We have implemented the IGSMT, PFA and IDOM algorithms using C++ in
the SUN Unix environment. Our code is available upon request, and all
of our benchmarks and routing solutions are available on the World
Wide Web at URL
`http://www.cs.virginia.edu/~robins/`

.
We have also implemented KMB and ZEL, and used each of these as `H`
inside the inner loop of IGSMT, yielding the IKMB and IZEL
constructions, respectively. For comparison, we have implemented DOM,
as well as the following adaptation of Dijkstra's shortest-paths tree
algorithm
[6]
to the GSA problem:

**DJKA --**compute Dijkstra's shortest-paths tree rooted at the source, and then delete edges that are not contained in any source-sink path.

We compared all of these methods (KMB, ZEL, IKMB, IZEL, DJKA, DOM,
PFA, IDOM) on the same inputs, both in terms of total wirelength as
well as maximum source-sink pathlength. The inputs consisted of uniformly
distributed random nets in `20` by `20` weighted grid
graphs, where the edge weights modeled congestion induced by
previously-routed nets. Congestion was created as follows: starting
with a grid graph having unit weights
(`w=1.00`) on all edges, `k`
uniformly-distributed nets (`2` - `5` pins each)
were routed using KMB.
As each net was routed, the weights of the corresponding graph edges
were incremented, resulting in a higher average routing-graph edge
weight `w_avg > 1.00`. Three different levels of congestion were
thus modeled:
(a) none (`k=0, w_avg = 1.00`),
(b) low (`k=10, w_avg = 1.28`), and
(c) medium (`k=20, w_avg = 1.55`).

For each of these three congestion levels and net size
(`5` and `8` pins), `50` uniformly-distributed
nets were routed on a congested graph (newly-generated for each net),
using all eight algorithms. For
each net, we normalized the wirelength produced by each heuristic with
respect to the wirelength used by KMB; similarly, the maximum
source-sink pathlength of each heuristic was normalized to optimal.
Table 1
gives the average percent improvement for
each congestion level, where a positive value represents an increase
(i.e., disimprovement) in the total wirelength (resp. maximum
pathlength) with respect to KMB (resp. optimal), while a negative
number represents a decrease (i.e., improvement).

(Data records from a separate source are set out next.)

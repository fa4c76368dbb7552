-- ===== src/Chain/Generate.antt =====
-- `generateVerifyingBlock` of src/kernel/blockchain.cpp. The nonce that it draws, the time, the owner of the
-- coinbase and the data of the consensus method are arguments.
pub mod Fair
mod Tests
use crypto_kernel.Prelude.{ℕ, ◌+◌, ◌%◌, Bool, true, false, List, [], ◌∷◌, if◌then◌else◌}
use crypto_kernel.BigNum.{Text}
use crypto_kernel.Chain.{Tables, Chain, Rules, get_tip, calculate_transaction_fee}
use crypto_kernel.Env.{Env}
use crypto_kernel.Mempool
use crypto_kernel.Outcome.{Outcome, ok, invalid, not_found, uncaught, undefined, out_of_fuel, ◌>>=◌}
use crypto_kernel.Types.{new_output, public_key_name}
use crypto_kernel.Types.Block.{Block, new_block}
use crypto_kernel.Types.Transaction.{Transaction, u64, new_transaction}

-- Where the new block is to stand
pub record Site : Type 0 where
  pub height : ℕ
  pub previous_block_id : ℕ
  pub genesis_block : Bool

-- What `generateVerifyingBlock` gets from elsewhere
pub record Supplies : Type 0 where
  pub now : ℕ
  -- `getCoinbaseOwner`
  pub owner : Text
  pub nonce : ℕ

module _ (env : Env) (rules : Rules env) where
  open env.json use {Json, null, set_member, of_text}

  -- The `try` around `getBlockDB`; `BigNum()` is 0.
  pub site : Tables env → Outcome Site
  site t = elim (get_tip env t) [
    | ok tip ↦ ok (record {
      height = (tip.height + 1) % u64;
      previous_block_id = tip.id;
      genesis_block = false;
    })
    | not_found ↦ ok (record { height = 1; previous_block_id = 0; genesis_block = true })
    | invalid message ↦ invalid message
    | uncaught ↦ uncaught
    | undefined ↦ undefined
    | out_of_fuel ↦ out_of_fuel
  ]

  -- The loop over the fees, from a value: whether the transactions stay in the block, and the value
  pub add_fees : Tables env → ℕ → List (Transaction env) → Outcome (Bool × ℕ)
  add_fees t value [] = ok (true, value)
  add_fees t value (tx ∷ txs) = elim (calculate_transaction_fee env t tx) [
    | ok fee ↦ add_fees t ((value + fee) % u64) txs
    | invalid message ↦ ok (false, value)
    | not_found ↦ not_found
    | uncaught ↦ uncaught
    | undefined ↦ undefined
    | out_of_fuel ↦ out_of_fuel
  ]

  -- The coinbase transaction and the block, with these transactions and this value
  pub assemble :
      (Tables env → ℕ → Outcome Json)
      → Supplies
      → Tables env
      → Site
      → List (Transaction env)
      → ℕ
      → Outcome (Block env)
  assemble consensus_data_for s t place txs value =
      new_output env value s.nonce (set_member null public_key_name (of_text s.owner)) >>= λ out.
      new_transaction env [] (out ∷ []) s.now true >>= λ coinbase.
      (if place.genesis_block then ok null else consensus_data_for t place.previous_block_id)
      >>= λ consensus.
          new_block env txs coinbase place.previous_block_id s.now consensus place.height null

  -- `generateVerifyingBlock`
  pub generate_verifying_block :
      (Tables env → ℕ → Outcome Json) → Supplies → Chain env → Outcome (Block env)
  unfolding site add_fees assemble
  generate_verifying_block consensus_data_for s chain =
      let txs = Mempool.get_transactions env chain.unconfirmed in
      site chain.tables >>= λ place.
      add_fees chain.tables (rules.block_reward place.height) txs >>= λ fees.
      assemble consensus_data_for s chain.tables place (if fees.0 then txs else []) fees.1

Among the four Steiner heuristics (KMB, ZEL, IKMB, IZEL), IZEL has
superior performance. The ranking IZEL < IKMB < ZEL < KMB is highly
consistent across all net sizes in terms of both wirelength *and*
maximum pathlength, indicating that our iterated constructions
outperform the stand-alone, non-iterated versions. Among the four
arborescence constructions (DJKA, DOM, PFA, IDOM), PFA and IDOM
consistently use the least wirelength (these all yield optimal maximum
pathlength). Here too, the ranking is quite consistent in terms of
wirelength across all net sizes, namely IDOM < PFA < DOM < DJKA.

On uncongested graphs, both PFA and IDOM outperform KMB in term of
wirelength by up to `5.6`%. This is interesting since KMB minimizes
wirelength *only*, yet it uses more wirelength than either PFA and
IDOM, which only optimize wirelength as a secondary criterion. For
uncongested graphs, both PFA and IDOM yield optimal maximum pathlength
at almost no wirelength penalty over IZEL; thus, these seem to afford
favorable tradeoffs between wirelength and maximum pathlength. Note
that IKMB and Iterated 1-Steiner
[10]
yield identical solutions for geometric instances (when using the Hanan
grid as the underlying graph).

We built an actual FPGA router based on these algorithms, and
completely
routed `14` pre-placed industrial benchmark circuits,
containing up to `608` nets each. Our constructions easily adapt to a
variety of architectures; in particular, we modeled two distinct FPGA
architectures, the first corresponding to Xilinx `3000`-series parts
[19]
(Table 2)
and the second
corresponding to `4000`-series parts
[19]
(Table 3)
- these architectures are identical to
those used by the CGE router
[3],
and the SEGA
[13]
and GPB
[18]
routers, respectively. The
`3000`-series FPGAs used to route the circuits in
Table 2
have switch-block flexibility of `6` and
`60`% channel-edge connectivity,
while the `4000`-series FPGAs in
Table 3
have switch-block flexibility of `3` and `100`%
channel-edge connectivity. We did not alter the fixed
benchmark placements. CPU times to completely route the circuits on a
Sun SparcServer 10/514 workstation varied from several minutes for the
smallest circuit to several hours for the largest.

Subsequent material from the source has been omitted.